* DATA TO PROCESS *

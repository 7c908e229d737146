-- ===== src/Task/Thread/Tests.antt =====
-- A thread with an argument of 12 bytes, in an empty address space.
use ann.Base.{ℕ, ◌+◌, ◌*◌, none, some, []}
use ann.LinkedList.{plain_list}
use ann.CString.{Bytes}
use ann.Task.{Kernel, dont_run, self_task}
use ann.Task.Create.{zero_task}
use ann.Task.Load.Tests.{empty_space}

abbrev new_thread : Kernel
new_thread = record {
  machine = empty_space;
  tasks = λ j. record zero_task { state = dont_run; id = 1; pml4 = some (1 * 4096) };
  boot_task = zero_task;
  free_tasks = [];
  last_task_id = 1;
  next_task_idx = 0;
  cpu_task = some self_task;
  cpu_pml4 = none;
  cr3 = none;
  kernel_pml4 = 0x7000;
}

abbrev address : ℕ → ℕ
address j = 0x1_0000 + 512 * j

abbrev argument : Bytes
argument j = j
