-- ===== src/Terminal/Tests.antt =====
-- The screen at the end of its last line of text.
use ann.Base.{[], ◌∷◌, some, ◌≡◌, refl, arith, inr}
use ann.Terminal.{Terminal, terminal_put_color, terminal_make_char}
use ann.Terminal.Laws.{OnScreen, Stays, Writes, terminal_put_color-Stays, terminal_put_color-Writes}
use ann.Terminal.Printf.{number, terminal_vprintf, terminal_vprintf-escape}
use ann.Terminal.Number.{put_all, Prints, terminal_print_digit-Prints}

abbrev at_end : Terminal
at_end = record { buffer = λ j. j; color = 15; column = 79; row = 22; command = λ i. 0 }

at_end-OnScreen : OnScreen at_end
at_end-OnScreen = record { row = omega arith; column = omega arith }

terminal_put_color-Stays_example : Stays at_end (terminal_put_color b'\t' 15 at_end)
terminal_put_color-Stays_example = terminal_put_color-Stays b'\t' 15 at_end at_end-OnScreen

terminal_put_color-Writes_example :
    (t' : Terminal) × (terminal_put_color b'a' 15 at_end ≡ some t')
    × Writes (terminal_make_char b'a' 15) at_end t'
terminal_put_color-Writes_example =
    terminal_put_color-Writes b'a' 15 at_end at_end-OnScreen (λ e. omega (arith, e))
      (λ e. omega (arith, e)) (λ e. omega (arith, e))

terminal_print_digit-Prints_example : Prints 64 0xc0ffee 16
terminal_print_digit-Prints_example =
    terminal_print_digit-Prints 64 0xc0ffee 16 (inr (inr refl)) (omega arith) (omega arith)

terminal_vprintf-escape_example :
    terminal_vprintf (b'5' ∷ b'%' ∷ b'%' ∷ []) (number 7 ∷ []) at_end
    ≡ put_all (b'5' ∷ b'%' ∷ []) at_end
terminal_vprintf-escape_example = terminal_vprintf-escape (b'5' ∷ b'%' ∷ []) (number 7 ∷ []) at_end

* TASK INSTRUCTIONS *
Show every line above where "abbrev" is found.

* OUTPUT OF THE TASK *
abbrev new_thread : Kernel
abbrev address : ℕ → ℕ
abbrev argument : Bytes
abbrev at_end : Terminal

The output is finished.